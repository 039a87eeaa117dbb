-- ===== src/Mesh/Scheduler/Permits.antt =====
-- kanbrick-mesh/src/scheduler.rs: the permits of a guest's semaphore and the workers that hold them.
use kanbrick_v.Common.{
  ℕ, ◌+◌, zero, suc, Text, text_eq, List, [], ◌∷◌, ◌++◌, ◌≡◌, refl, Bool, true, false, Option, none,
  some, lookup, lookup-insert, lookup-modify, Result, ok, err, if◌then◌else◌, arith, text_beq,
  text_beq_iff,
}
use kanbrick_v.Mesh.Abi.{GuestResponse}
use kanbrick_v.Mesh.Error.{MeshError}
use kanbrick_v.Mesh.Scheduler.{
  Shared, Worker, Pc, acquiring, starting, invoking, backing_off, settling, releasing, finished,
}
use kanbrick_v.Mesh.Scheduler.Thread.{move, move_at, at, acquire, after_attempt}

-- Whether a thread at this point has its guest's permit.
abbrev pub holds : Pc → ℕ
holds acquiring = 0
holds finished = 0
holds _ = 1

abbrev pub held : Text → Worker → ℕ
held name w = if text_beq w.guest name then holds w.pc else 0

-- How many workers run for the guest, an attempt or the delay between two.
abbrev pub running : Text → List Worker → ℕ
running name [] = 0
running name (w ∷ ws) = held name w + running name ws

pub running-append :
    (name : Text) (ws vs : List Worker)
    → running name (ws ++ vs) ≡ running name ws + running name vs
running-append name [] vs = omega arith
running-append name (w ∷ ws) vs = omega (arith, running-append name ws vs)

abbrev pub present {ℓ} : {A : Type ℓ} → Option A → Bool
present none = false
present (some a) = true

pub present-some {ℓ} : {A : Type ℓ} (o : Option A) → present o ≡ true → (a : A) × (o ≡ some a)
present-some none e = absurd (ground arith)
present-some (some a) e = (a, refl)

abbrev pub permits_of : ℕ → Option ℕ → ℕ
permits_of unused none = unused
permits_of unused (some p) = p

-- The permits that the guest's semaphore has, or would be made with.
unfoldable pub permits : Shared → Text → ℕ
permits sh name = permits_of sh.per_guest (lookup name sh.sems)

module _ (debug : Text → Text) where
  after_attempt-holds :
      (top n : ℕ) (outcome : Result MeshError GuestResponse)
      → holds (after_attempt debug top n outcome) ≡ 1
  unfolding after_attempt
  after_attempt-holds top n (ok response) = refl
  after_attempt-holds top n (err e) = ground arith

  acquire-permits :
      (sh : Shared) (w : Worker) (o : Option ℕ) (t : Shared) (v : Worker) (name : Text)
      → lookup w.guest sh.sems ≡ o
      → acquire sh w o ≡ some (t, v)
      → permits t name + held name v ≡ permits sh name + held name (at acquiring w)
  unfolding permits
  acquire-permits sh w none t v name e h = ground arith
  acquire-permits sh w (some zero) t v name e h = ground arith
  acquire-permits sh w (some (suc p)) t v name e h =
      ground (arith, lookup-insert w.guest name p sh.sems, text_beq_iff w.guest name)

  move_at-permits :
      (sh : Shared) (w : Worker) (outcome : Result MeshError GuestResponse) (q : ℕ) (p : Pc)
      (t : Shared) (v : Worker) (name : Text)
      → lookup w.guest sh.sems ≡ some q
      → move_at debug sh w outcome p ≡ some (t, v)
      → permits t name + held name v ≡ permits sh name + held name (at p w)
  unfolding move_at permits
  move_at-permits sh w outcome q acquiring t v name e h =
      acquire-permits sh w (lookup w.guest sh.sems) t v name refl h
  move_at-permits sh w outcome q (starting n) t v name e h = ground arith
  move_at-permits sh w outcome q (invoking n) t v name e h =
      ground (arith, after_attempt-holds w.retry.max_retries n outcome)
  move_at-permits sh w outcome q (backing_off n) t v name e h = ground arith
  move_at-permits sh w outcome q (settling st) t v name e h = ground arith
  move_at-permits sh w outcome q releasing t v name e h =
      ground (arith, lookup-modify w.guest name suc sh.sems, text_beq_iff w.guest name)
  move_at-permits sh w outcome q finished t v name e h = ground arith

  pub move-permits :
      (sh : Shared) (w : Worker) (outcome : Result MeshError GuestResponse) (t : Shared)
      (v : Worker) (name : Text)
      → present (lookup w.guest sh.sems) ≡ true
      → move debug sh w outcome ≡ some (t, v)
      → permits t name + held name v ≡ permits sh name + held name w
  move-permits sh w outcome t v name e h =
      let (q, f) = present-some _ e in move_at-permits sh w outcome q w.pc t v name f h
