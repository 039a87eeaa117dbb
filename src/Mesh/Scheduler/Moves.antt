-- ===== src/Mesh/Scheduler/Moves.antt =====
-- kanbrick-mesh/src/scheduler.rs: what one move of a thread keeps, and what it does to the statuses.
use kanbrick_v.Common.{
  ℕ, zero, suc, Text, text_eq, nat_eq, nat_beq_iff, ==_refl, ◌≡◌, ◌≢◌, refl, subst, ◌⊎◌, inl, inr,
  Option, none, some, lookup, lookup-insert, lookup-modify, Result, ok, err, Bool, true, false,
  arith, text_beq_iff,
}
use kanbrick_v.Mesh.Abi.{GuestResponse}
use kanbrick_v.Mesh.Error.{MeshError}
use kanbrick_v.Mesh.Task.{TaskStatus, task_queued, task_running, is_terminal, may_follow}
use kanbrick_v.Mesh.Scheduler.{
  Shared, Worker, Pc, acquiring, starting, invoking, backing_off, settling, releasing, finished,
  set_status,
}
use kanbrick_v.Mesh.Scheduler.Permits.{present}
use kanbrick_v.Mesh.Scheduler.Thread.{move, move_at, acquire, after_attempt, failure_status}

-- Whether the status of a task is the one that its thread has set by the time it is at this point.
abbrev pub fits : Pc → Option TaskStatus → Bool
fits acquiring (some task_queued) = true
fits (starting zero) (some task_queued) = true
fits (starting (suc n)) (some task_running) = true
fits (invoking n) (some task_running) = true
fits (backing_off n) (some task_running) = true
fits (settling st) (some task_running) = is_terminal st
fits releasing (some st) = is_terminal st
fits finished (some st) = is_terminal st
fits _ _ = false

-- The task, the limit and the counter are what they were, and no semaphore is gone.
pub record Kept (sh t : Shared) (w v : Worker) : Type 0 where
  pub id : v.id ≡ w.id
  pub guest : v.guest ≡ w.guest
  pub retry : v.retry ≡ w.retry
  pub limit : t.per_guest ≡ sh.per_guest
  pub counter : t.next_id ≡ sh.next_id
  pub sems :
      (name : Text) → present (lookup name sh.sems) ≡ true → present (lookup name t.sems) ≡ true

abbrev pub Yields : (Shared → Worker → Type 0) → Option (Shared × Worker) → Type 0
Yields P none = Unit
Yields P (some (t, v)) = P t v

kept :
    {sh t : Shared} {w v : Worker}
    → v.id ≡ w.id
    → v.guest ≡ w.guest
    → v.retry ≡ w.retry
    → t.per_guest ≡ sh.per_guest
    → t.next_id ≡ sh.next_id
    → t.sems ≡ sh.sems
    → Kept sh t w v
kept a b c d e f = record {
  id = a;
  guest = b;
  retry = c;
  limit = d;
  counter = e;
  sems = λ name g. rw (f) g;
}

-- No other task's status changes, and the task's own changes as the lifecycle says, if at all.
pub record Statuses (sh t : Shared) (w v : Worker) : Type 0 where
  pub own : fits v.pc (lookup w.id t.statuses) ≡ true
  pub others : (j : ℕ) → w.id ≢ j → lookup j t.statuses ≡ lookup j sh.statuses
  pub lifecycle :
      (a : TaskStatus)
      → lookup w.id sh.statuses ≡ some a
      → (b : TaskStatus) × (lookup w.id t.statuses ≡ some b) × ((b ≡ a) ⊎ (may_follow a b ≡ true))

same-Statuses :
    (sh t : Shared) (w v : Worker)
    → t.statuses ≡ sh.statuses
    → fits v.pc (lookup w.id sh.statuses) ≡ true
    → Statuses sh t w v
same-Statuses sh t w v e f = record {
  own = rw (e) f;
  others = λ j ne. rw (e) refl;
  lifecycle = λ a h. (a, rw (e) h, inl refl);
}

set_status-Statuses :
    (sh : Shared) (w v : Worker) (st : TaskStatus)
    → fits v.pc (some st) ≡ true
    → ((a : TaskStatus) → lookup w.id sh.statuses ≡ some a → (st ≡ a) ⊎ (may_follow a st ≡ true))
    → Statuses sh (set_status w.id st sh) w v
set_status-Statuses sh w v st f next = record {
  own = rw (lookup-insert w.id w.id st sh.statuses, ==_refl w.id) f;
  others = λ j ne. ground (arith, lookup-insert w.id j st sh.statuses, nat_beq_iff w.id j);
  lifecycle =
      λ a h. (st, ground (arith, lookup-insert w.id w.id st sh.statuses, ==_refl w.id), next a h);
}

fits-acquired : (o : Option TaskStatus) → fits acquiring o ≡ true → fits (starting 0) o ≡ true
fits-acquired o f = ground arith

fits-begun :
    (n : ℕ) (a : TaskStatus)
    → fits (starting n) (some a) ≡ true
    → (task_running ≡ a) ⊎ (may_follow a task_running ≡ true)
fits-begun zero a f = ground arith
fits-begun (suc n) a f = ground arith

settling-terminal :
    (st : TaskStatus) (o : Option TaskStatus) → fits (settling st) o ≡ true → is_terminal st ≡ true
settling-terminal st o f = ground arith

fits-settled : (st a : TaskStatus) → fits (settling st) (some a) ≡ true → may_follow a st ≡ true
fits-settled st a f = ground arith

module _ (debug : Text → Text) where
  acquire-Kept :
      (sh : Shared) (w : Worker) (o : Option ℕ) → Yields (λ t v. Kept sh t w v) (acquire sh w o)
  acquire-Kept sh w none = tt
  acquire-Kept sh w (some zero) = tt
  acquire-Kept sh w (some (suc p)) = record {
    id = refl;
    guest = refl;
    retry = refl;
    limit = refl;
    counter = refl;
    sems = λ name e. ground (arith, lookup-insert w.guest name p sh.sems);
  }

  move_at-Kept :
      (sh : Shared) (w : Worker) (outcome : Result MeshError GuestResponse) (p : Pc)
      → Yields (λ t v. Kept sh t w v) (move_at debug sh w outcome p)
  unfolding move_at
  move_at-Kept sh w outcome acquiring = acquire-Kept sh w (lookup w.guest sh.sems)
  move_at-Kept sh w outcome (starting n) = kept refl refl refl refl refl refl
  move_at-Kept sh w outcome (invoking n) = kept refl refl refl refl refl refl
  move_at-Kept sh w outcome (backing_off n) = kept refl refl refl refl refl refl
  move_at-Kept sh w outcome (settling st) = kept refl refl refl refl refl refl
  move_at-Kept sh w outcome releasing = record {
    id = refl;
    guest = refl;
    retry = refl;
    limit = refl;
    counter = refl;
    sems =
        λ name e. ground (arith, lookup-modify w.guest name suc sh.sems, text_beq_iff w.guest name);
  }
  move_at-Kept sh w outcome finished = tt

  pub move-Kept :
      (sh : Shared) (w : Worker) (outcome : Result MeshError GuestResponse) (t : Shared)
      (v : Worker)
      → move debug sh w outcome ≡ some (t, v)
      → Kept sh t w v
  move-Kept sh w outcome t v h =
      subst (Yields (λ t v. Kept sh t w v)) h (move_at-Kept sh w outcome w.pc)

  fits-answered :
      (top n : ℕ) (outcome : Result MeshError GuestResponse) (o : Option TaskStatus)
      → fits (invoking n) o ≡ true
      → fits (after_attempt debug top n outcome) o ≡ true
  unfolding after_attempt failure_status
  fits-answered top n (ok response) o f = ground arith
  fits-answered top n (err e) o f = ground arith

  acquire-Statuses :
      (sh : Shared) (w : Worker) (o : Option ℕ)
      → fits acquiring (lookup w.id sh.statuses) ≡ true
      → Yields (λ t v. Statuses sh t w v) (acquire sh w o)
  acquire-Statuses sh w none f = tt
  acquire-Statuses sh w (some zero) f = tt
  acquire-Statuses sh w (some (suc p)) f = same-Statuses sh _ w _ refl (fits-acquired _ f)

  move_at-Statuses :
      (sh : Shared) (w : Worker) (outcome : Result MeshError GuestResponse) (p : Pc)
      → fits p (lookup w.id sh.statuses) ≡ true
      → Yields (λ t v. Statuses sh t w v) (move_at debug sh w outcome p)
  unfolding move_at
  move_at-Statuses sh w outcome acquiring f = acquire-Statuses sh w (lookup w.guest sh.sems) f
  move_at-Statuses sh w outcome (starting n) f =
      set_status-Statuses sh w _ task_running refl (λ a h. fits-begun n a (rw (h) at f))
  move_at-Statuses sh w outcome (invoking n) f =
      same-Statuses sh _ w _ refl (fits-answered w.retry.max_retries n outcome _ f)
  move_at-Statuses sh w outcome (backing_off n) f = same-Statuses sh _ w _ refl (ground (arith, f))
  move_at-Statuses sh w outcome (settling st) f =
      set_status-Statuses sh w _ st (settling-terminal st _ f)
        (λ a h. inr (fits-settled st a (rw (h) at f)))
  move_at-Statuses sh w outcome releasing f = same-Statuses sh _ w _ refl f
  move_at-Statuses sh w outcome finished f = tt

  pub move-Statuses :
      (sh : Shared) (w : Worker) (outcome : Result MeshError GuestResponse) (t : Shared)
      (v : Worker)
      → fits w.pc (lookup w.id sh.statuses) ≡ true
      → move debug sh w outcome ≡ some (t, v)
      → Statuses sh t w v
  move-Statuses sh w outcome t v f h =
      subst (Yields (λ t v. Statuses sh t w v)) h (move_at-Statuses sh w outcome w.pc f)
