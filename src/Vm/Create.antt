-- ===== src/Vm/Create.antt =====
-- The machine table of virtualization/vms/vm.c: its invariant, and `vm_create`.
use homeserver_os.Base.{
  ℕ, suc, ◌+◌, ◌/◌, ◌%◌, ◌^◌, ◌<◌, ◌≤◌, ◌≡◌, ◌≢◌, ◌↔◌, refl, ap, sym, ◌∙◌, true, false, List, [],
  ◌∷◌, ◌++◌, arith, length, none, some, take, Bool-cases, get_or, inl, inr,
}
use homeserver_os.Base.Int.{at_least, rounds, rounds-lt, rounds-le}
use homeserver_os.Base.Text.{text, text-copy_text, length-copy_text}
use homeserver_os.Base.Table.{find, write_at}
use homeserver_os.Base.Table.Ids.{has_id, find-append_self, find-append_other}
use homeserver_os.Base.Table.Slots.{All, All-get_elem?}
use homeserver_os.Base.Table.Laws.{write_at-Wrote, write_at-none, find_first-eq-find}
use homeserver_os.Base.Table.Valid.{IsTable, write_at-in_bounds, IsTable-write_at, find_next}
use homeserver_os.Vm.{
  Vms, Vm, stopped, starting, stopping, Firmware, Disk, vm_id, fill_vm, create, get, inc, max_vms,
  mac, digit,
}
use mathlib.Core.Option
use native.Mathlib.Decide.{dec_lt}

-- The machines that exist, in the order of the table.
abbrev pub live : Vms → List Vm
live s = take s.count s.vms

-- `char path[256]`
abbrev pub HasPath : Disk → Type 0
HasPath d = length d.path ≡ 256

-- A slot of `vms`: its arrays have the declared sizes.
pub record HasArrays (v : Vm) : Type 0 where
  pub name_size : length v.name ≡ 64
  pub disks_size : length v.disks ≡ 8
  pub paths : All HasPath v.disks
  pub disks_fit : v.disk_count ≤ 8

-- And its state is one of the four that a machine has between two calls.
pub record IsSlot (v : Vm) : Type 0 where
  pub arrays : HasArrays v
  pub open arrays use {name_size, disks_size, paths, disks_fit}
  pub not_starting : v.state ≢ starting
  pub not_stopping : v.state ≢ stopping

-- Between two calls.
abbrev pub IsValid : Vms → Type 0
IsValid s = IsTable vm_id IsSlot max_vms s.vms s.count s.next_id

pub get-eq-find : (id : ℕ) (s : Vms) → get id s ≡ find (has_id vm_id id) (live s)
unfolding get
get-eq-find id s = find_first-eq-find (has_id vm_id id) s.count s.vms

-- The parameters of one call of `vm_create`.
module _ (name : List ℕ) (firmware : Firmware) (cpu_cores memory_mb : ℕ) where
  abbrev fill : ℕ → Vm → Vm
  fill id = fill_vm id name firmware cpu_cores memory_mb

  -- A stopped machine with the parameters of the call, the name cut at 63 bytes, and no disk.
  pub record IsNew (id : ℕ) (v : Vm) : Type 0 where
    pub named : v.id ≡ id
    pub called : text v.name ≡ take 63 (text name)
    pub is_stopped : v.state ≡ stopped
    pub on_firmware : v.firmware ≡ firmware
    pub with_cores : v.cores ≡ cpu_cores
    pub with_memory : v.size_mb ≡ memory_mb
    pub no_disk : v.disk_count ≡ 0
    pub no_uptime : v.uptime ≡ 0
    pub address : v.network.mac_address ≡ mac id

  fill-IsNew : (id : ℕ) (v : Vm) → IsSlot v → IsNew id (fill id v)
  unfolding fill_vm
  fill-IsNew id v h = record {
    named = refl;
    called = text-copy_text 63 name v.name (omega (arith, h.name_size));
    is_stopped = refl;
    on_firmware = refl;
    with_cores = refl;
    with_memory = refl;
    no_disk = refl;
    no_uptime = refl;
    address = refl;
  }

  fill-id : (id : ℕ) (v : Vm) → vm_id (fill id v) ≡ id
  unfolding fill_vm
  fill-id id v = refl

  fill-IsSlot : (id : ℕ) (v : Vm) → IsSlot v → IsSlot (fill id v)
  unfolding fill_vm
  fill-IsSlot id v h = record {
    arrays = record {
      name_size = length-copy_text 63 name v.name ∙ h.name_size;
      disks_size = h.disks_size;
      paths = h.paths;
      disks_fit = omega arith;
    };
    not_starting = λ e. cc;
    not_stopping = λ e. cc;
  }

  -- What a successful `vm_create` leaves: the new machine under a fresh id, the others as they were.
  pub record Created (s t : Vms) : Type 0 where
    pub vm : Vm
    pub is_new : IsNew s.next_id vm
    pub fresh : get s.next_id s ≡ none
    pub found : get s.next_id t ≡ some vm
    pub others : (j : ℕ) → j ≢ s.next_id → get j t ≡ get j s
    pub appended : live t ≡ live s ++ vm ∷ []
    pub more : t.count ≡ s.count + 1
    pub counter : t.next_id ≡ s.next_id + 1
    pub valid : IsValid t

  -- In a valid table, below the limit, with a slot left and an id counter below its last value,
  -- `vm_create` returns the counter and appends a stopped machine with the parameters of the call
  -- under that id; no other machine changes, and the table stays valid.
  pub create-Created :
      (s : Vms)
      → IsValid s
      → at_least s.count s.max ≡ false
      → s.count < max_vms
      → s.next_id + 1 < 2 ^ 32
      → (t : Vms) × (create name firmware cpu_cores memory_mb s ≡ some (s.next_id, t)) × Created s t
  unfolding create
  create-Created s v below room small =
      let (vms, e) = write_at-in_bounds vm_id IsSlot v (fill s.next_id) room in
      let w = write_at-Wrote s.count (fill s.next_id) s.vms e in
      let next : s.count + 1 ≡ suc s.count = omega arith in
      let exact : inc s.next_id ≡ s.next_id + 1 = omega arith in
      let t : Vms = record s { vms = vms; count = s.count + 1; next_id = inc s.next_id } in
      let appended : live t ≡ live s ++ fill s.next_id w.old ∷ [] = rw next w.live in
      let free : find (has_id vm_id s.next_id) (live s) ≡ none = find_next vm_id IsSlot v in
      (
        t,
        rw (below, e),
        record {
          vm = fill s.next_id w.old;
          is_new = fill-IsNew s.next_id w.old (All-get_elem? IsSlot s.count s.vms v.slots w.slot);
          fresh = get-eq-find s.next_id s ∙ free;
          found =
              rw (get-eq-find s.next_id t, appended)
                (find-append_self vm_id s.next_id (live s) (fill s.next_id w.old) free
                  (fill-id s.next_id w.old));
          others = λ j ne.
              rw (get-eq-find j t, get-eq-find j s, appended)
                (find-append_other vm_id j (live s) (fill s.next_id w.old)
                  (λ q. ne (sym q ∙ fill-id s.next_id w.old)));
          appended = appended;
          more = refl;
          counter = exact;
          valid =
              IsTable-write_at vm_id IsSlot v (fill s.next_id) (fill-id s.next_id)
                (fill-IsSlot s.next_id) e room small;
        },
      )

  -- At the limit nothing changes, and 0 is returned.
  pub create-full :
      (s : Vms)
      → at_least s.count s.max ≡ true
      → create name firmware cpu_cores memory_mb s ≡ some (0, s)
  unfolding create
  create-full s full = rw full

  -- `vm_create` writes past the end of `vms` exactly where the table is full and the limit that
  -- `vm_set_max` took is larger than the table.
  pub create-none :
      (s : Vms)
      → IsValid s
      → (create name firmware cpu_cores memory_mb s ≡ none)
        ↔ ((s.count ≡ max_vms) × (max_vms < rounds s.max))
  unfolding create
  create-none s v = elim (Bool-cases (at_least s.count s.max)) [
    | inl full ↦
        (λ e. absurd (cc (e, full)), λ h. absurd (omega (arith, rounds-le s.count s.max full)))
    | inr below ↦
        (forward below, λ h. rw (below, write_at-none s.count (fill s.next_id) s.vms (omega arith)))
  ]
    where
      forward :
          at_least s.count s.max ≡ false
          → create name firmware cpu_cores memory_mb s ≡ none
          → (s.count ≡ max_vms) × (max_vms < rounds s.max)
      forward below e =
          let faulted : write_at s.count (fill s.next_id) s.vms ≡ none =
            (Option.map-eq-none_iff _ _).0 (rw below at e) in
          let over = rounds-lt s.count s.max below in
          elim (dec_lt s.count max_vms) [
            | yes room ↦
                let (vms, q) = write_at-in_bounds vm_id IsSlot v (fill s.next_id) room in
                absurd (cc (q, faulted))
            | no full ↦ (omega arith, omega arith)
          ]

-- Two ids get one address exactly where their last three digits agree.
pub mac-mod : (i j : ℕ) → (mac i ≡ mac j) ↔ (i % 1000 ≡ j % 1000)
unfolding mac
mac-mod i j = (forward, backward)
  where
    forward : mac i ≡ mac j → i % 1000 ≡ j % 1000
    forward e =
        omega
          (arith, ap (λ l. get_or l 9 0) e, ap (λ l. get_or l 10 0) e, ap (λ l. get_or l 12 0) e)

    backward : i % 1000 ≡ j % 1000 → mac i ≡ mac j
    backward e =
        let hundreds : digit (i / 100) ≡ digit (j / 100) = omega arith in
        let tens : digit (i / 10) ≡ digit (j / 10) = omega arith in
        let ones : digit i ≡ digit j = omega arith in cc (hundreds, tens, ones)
◆ ◆ ◆ ◆ ◆
- PROBLEM STATEMENT: Exactly one number is the answer: how many lines of the entries contain the string "filename".

- ANSWER SPACE: 2